Luiz Gonzaga, o Doido do Baixio.

Baixio dos Doidos é um Projeto Especial da Aliança Comunicação e Cultura
Luiz Gonzaga, o Doido do Baixio

Baixio dos Doidos. Nome do lugar onde Luiz Gonzaga nasceu. Baixio dos Doidos pela sanfona. Baixio dos Baixos. Dos oito baixos, dos 120, dos 200 milhões de brasileiros. De todos os gonzaguiados do planeta. Guiados pela vontade de contrariar o estouro da boiada. De tomar a direção oposta e ser vaqueiro de si mesmo. Feito disse Henry Thoreau: “Quando um soldado marcha diferente, talvez esteja ouvindo um tambor diferente”. No caso de Gonzaga, o tambor era a zabumba.

Baixio dos Doidos. O marco zero de Luiz Gonzaga. De onde partiu a doidice moderna do Velho Lua. O Lua Nova. Do sertão que está em toda parte. Guimarães Rosa tinha razão. O sertão do Pajeú é o mesmo do deserto da Patagônia, do inverno de Moscou ou das periferias do Rio de Janeiro e de Nova York.
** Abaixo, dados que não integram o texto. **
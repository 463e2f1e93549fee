-- ===== src/Aws/Fence/Told.antt =====
-- What the result of `_fenced_write` says of the tables (aws_sdk.py).
use cloud_glider.Prelude.{
  String, Bool, true, false, not, Option, List, [], ◌∷◌, ◌≡◌, refl, inl, sym, subst, ◌==◌,
}
use cloud_glider.Python.Hoare.{
  Triple, Triple-bind, Triple-mono, Triple-pure, Triple-raise, Triple-if, Ends-mono,
}
use cloud_glider.Aws.Dynamo.{Write}
use cloud_glider.Aws.Services.{Services}
use cloud_glider.Aws.Client.{Client, AwsSdkGateway, Reply, replied, refused}
use cloud_glider.Aws.Fence.{
  lifecycle_check, fenced_write, written, cancelled, confirmed, codes_of, confirmed_condition,
}
use cloud_glider.Aws.Store.{Store, Done, Documented}
use cloud_glider.Aws.Store.Places.{Keeps, Done-Keeps, Perhaps, Perhaps-Keeps}
use cloud_glider.Aws.Store.Rules.{In, Told, call_allowing-Told, get_record-keeps}

module _ {W : Type 0} {services : Services W} (dynamo : Documented services) (self : AwsSdkGateway)
    (operation : Write) (conflict_code : Option String) where
  open dynamo use {stored}

  abbrev pub fenced : List Write
  fenced = lifecycle_check services self false ∷ operation ∷ []

  -- `True` means that the write was done, and `False`, which is returned only where the caller asks for
  -- it, that it was not.
  abbrev pub Fenced : Bool → Store → Bool → Store → Type 0
  Fenced return_conflict s true t = Done fenced s t
  Fenced return_conflict s false t = (t ≡ s) × (return_conflict ≡ true)

  abbrev At : Store → Client W → Type 0
  At s = In dynamo (λ t. t ≡ s)

  abbrev Unsure : Store → Client W → Type 0
  Unsure s = In dynamo (Perhaps fenced s)

  confirmed-raises :
      (return_conflict : Bool) (s : Store) (codes : List String)
      → Triple
          (At s)
          (confirmed services self conflict_code codes)
          (λ r c. Fenced return_conflict s r (stored c.world))
          (Unsure s)
  unfolding confirmed
  confirmed-raises return_conflict s codes =
      Triple-bind (λ r. At s) _ _
        (Triple-mono (get_record-keeps dynamo self _ _ (λ t. t ≡ s)) (λ r c p. p) (λ c p. inl p))
        (λ lifecycle. Triple-raise _ (λ c p. inl p))

  cancelled-Fenced :
      (return_conflict : Bool) (s : Store) (codes : List String)
      → Triple
          (At s)
          (cancelled services self conflict_code return_conflict codes)
          (λ r c. Fenced return_conflict s r (stored c.world))
          (Unsure s)
  unfolding cancelled
  cancelled-Fenced return_conflict s codes =
      Triple-if (not (confirmed_condition codes)) _ _ (λ e. Triple-raise _ (λ c p. inl p))
        (λ e.
          Triple-if return_conflict _ _ (λ asked. Triple-pure false (λ c p. (p, asked)))
            (λ asked. confirmed-raises return_conflict s codes))

  written-Fenced :
      (return_conflict : Bool) (s : Store) (r : Reply (Unit {0}))
      → Triple
          (λ c. Told fenced s r (stored c.world))
          (written services self conflict_code return_conflict r)
          (λ b c. Fenced return_conflict s b (stored c.world))
          (Unsure s)
  unfolding written
  written-Fenced return_conflict s (replied u) = Triple-pure true (λ c d. d)
  written-Fenced return_conflict s (refused code message reasons) =
      Triple-if (code == "TransactionCanceledException") _ _
        (λ e. cancelled-Fenced return_conflict s (codes_of reasons))
        (λ e. Triple-raise _ (λ c p. inl p))

  pub fenced_write-Fenced :
      (return_conflict : Bool) (s : Store)
      → Triple
          (At s)
          (fenced_write services self operation conflict_code return_conflict)
          (λ b c. Fenced return_conflict s b (stored c.world))
          (Unsure s)
  unfolding fenced_write
  fenced_write-Fenced return_conflict s =
      Triple-bind (λ r c. Told fenced s r (stored c.world)) _ _
        (call_allowing-Told dynamo _ _ fenced _ s (dynamo.transaction fenced))
        (written-Fenced return_conflict s)

  Fenced-Keeps :
      (return_conflict : Bool) (I : Store → Type 0) (s t : Store) (b : Bool)
      → Keeps I fenced
      → I s
      → Fenced return_conflict s b t
      → I t
  Fenced-Keeps return_conflict I s t true k p d = Done-Keeps I fenced s t k p d
  Fenced-Keeps return_conflict I s t false k p e = subst I (sym e.0) p

  -- A fenced write keeps what its two entries keep, however it ends.
  pub fenced_write-Keeps :
      (return_conflict : Bool) (I : Store → Type 0)
      → Keeps I fenced
      → Triple
          (In dynamo I)
          (fenced_write services self operation conflict_code return_conflict)
          (λ b. In dynamo I)
          (In dynamo I)
  fenced_write-Keeps return_conflict I k = record {
    at = λ c p.
        let s = stored c.world in
        let done = fenced_write services self operation conflict_code return_conflict c in
        Ends-mono _ _ _ _ done.0 done.1
          (λ b q. Fenced-Keeps return_conflict I s (stored done.1.world) b k p q)
          (λ q. Perhaps-Keeps I fenced s (stored done.1.world) k p q)
          ((fenced_write-Fenced return_conflict s).at c refl);
  }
A alegria e a tristeza que Gonzaga cantou são de todos. Pertencem ao russo da boate Cossacou e ao forrozeiro da Casa de Reboco. No baião de Luiz, estão a polca, o tango, o bolero e até as batidas do rock mais negro dos EUA.

A letra K nem fazia parte do alfabeto português e Luiz Gonzaga já escrevia Karolina assim. Letra e música conectadas com o mundo. Dos United States of Piauí aos Estados Unidos da América. Sotaque nordestino, linguagem universal. Alfabetizado de forma precária, Gonzaga aprendeu o pê-quê-rrê com as filhas do seu primeiro patrão. Mesmo assim, conseguiu fazer o País inteiro ler o seu ABC do Sertão. E se a sanfona parece com uma máquina de escrever, Luiz Gonzaga escreveu sua antologia poética. Compôs com Zé Dantas O Xote das Meninas. Com Onildo Almeida, A Feira de Caruaru. Com Nélson Barbalho, A Morte do Vaqueiro. Com Guio Moraes, Pau de Arara. Com João Silva, Danado de Bom. Com Humberto Teixeira, Asa Branca. Da cor da sanfona de Gonzaga. Das canções mais importantes da música popular brasileira. Parecida com as asas das aves polares que atravessam o planeta. Do ártico ao antártico. Parecida com uma revoada de arribaçãs. Tão grande que fez da Asa Branca a rainha do Rei do Baião. O verde dos olhos de Rosinha se espalhou em todas as plantações. Da caatinga ao cerrado. Da mata atlântica à floresta amazônica. Curioso é que, durante as primeiras gravações na RCA, a música foi criticada e comparada às ladainhas. O tal profeta chegou a afirmar que seria um fracasso. Mas não era ladainha, meu senhor. Era lamento. Uma tristeza tão íntegra que todo brasileiro sentiu junto. E como foi bonito ver, com os olhos verdes dos caboclos sertanejos, um baião virar um clássico. Não um clássico tocado por violinos ou celos. Um clássico tocado pela sanfona. Um instrumento tão popular, tão querido que tem muitos apelidos. Pé de Bode no Nordeste. Gaita de Duas Conversas no Sul. Cabeça de Égua em Minas Gerais. Testa de Ferro no Rio de Janeiro. Não importa o jeito que a gente chame, o fole é o pulmão do sanfoneiro. Que fôlego amazônico tinha o pulmão de Lua. No céu dos quatro cantos do mundo. Ou seria um balão de São João?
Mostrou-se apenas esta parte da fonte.